Cybercriminals are constantly finding new ways to exploit technology, and eSIM is no exception. Unlike traditional physical SIM cards, eSIM is a chip embedded in the device that allows users to activate the service digitally by logging into an app or scanning a QR code. While this modern technique offers convenience, it also opens up new opportunities for cybercriminals to target users and steal their information.
According to cybersecurity company ESET, cybercriminals can access users’ mobile accounts by using stolen, forced, or leaked credentials. These criminals often use social engineering, phishing, and other deceptive strategies to break into user accounts and obtain the QR code needed to activate the eSIM on their own device.

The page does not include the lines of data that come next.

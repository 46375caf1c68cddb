-- ===== src/Providers/Verification/Saves.antt =====
-- How a request, an event or a decision ends: the profiles as they were, or one of them saved.
use raycarwash_project.Base.{
  ℕ, ◌≡◌, refl, ◌⊎◌, inl, inr, Bool, true, false, ◌||◌, Option, none, some, Bool-cases, any,
}
use raycarwash_project.Store.{Result, ok, err}
use raycarwash_project.Rides.{scalar_one_or_none}
use raycarwash_project.Providers.Verification.{
  ProviderProfile, ProviderDb, VerificationSettings, VerificationSubmitRequest, of_user,
  names_session, with_session, submitted, start, submit, review, save, get_or_create_profile,
}
use raycarwash_project.Providers.Verification.Decisions.{has_id, decide}

pub review-Saves :
    (session : ℕ) (f : ProviderProfile → ProviderProfile) (d : ProviderDb)
    → ((review session f d).1 ≡ d) ⊎ ((review session f d).1 ≡ save (names_session session) f d)
review-Saves session f d = go (scalar_one_or_none (names_session session) d.profiles) refl
  where
    go :
        (r : Result (Option ProviderProfile))
        → scalar_one_or_none (names_session session) d.profiles ≡ r
        → ((review session f d).1 ≡ d) ⊎ ((review session f d).1 ≡ save (names_session session) f d)
    go (err e) eq = inl (rw (eq, review) refl)
    go (ok none) eq = inl (rw (eq, review) refl)
    go (ok (some p)) eq = inr (rw (eq, review) refl)

pub start-Saves :
    (settings : VerificationSettings) (created : Option ℕ) (user : ℕ) (d : ProviderDb)
    → ((start settings created user d).1 ≡ d)
      ⊎ ((session : ℕ) × ((start settings created user d).1
            ≡ save (of_user user) (with_session session) d))
unfolding start
start-Saves settings created user d =
    go (scalar_one_or_none (of_user user) d.profiles) created refl refl
  where
    go :
        (r : Result (Option ProviderProfile)) (o : Option ℕ)
        → scalar_one_or_none (of_user user) d.profiles ≡ r
        → created ≡ o
        → ((start settings created user d).1 ≡ d)
          ⊎ ((session : ℕ) × ((start settings created user d).1
                ≡ save (of_user user) (with_session session) d))
    go (err e) o eq _ = inl (rw (eq, start) refl)
    go (ok none) o eq _ = inl (rw (eq, start) refl)
    go (ok (some p)) none eq c =
        elim (Bool-cases (settings.debug || settings.is_stripe_placeholder)) [
          | inl t ↦ inl (rw (eq, start, t) refl)
          | inr t ↦ inl (rw (eq, start, t, c) refl)
        ]
    go (ok (some p)) (some session) eq c =
        elim (Bool-cases (settings.debug || settings.is_stripe_placeholder)) [
          | inl t ↦ inl (rw (eq, start, t) refl)
          | inr t ↦ inr (session, rw (eq, start, t, c) refl)
        ]

pub submit-Saves :
    (now user : ℕ) (body : VerificationSubmitRequest) (d : ProviderDb)
    → ((submit now user body d).1 ≡ d)
      ⊎ ((body.background_check_consent ≡ true)
          × ((found : Option ProviderProfile) × ((submit now user body d).1
                ≡ save (of_user user) (submitted now body) (get_or_create_profile user found d))))
unfolding submit
submit-Saves now user body d =
    go body.background_check_consent (scalar_one_or_none (of_user user) d.profiles) refl refl
  where
    go :
        (c : Bool) (r : Result (Option ProviderProfile))
        → body.background_check_consent ≡ c
        → scalar_one_or_none (of_user user) d.profiles ≡ r
        → ((submit now user body d).1 ≡ d)
          ⊎ ((body.background_check_consent ≡ true)
              × ((found : Option ProviderProfile) × ((submit now user body d).1
                    ≡ save
                        (of_user user)
                        (submitted now body)
                        (get_or_create_profile user found d))))
    go false r c eq = inl (rw (c, submit) refl)
    go true (err e) c eq = inl (rw (c, eq, submit) refl)
    go true (ok found) c eq = inr (c, (found, rw (c, eq, submit) refl))

pub decide-Saves :
    (id : ℕ) (f : ProviderProfile → ProviderProfile) (d : ProviderDb)
    → ((decide id f d).1 ≡ d) ⊎ ((decide id f d).1 ≡ save (has_id id) f d)
decide-Saves id f d = elim (Bool-cases (any (has_id id) d.profiles)) [
  | inl t ↦ inr (rw t refl)
  | inr t ↦ inl (rw t refl)
]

By stealing the victim’s phone number, they can gain access to various services such as banking and messaging, leading to potential scams.
In 2023, Russian cybersecurity company FACCT reported an increase in SIM swapping as cybercriminals took advantage of the transition to eSIM technology. They targeted financial institutions after cloning eSIMs with over a hundred attempts recorded in a single institution to access customers’ personal accounts. The consequences of being a victim of eSIM swapping can be serious for both security and privacy. Some threats include unauthorized access to personal accounts and potential financial losses.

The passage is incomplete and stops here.